And they were still laughing and discussing this profession of
principles, when one of the shop-boys entered. "A letter, monsieur,"
said he, "for M. d'Artagnan."

"Thank you; give it me," cried the musketeer,

"The handwriting of monsieur le comte," said Raoul.

"Yes, yes." And D'Artagnan broke the seal.

"Dear friend," said Athos, "a person has just been here to beg me to seek
for you, on the part of the king."

"Seek me!" said D'Artagnan, letting the paper fall upon the table. Raoul
picked it up, and continued to read aloud: -

"Make haste. His majesty is very anxious to speak to you, and expects
you at the Louvre."

"Expects me?" again repeated the musketeer.

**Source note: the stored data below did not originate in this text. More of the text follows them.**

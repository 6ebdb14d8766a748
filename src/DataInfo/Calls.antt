-- ===== src/DataInfo/Calls.antt =====
-- The calls of server/datainfo_server.c that ask devices for an answer, from the request to the result.
use rmt_library.Common.{
  ◌<◌, ◌^◌, ◌-◌, ◌≤◌, ◌<◌, ◌≡◌, ◌≢◌, refl, ap, some, List, [], ◌∷◌, Bytes, length, map, All, arith,
  ℕ, suc,
}
use rmt_library.Types.{DataInfo, Request, get, set, set_same_value}
use rmt_library.DataInfo.{request, finished, Env, ask, get_info, set_info_with_same_value, set_info}
use rmt_library.DataInfo.Wait.{gathered, collect_complete}
use rmt_library.DataInfo.Message.{joined, set_message_fits}

-- every round of a call ends in time
abbrev pub InTime : Env → Type 0
InTime env = All (λ r. r.now - env.start_time ≤ env.reply_timeout) env.rounds

-- the answers that a call's rounds bring to its request are as many as the devices that it asks
abbrev pub Answered : Request → Env → Type 0
Answered req env = length (gathered req env.rounds) ≡ length req.id_list

pub ask_complete :
    (env : Env) (req : Request)
    → InTime env
    → Answered req env
    → ask env req ≡ (req, finished (gathered req env.rounds))
ask_complete env req t a =
    ap (λ o. (req, o))
      (collect_complete req (length req.id_list) env.start_time env.reply_timeout env.start_time
        env.rounds [] (omega arith) t (omega (arith, a)))

-- Both calls that send one text to all devices send it with the type of the call, the IDs in the given order and
-- the drawn sequence number. If the rounds are in time and bring in one answer for each ID, they
-- return these answers, in the order in which they came.
pub same_text_complete :
    (env : Env) (id_list : List ℕ) (text : Bytes)
    → InTime env
    → Answered (request get env.seq id_list text) env
    → Answered (request set_same_value env.seq id_list text) env
    → (get_info env id_list text ≡ (
      request get env.seq id_list text,
      finished (gathered (request get env.seq id_list text) env.rounds),
    ))
      × (set_info_with_same_value env id_list text ≡ (
        request set_same_value env.seq id_list text,
        finished (gathered (request set_same_value env.seq id_list text) env.rounds),
      ))
unfolding get_info set_info_with_same_value
same_text_complete env id_list text t a b = (
  ask_complete env (request get env.seq id_list text) t a,
  ask_complete env (request set_same_value env.seq id_list text) t b,
)

-- the request for the value lists of some devices
abbrev pub set_request : ℕ → List DataInfo → Request
set_request seq devs = request set seq (map (λ dev. dev.device_id) devs) (joined devs)

length-map : (devs : List DataInfo) → length (map (λ dev. dev.device_id) devs) ≡ length devs
length-map [] = refl
length-map (d ∷ devs) = ap suc (length-map devs)

-- lists that fit, of fewer than 2^21 devices, are joined and sent
pub set_info-ask :
    (env : Env) (devs : List DataInfo)
    → devs ≢ []
    → length devs < 2 ^ 21
    → All (λ dev. length dev.value_list < 1023) devs
    → set_info env devs ≡ some (ask env (set_request env.seq devs))
unfolding set_info
set_info-ask env devs ne few short = rw (set_message_fits devs ne few short) refl

-- A call that sets the values of one or more devices, fewer than 2^21, with each value list below 1023 bytes, sends the IDs in order
-- and the joined lists. If the rounds are in time and bring in one answer for each device, it returns these
-- answers, in the order in which they came.
pub set_info_complete :
    (env : Env) (devs : List DataInfo)
    → devs ≢ []
    → length devs < 2 ^ 21
    → All (λ dev. length dev.value_list < 1023) devs
    → InTime env
    → length (gathered (set_request env.seq devs) env.rounds) ≡ length devs
    → set_info env devs
      ≡ some (set_request env.seq devs, finished (gathered (set_request env.seq devs) env.rounds))
set_info_complete env devs ne few short t a =
    rw (set_info-ask env devs ne few short)
      (ap some (ask_complete env (set_request env.seq devs) t (omega (arith, a, length-map devs))))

"He, he, he!" laughed Raoul.

"Oh, oh!" replied D'Artagnan. "What the devil can this mean?"

Chapter LIII:
The King.

The first moment of surprise over, D'Artagnan reperused Athos's note.
"It is strange," said he, "that the king should send for me."

"Why so?" said Raoul; "do you not think, monsieur, that the king must
regret such a servant as you?"

"Oh, oh!" cried the officer, laughing with all his might; "you are poking
fun at me, Master Raoul. If the king had regretted me, he would not have
let me leave him. No, no; I see in it something better, or worse, if you

"Worse! What can that be, monsieur le chevalier?"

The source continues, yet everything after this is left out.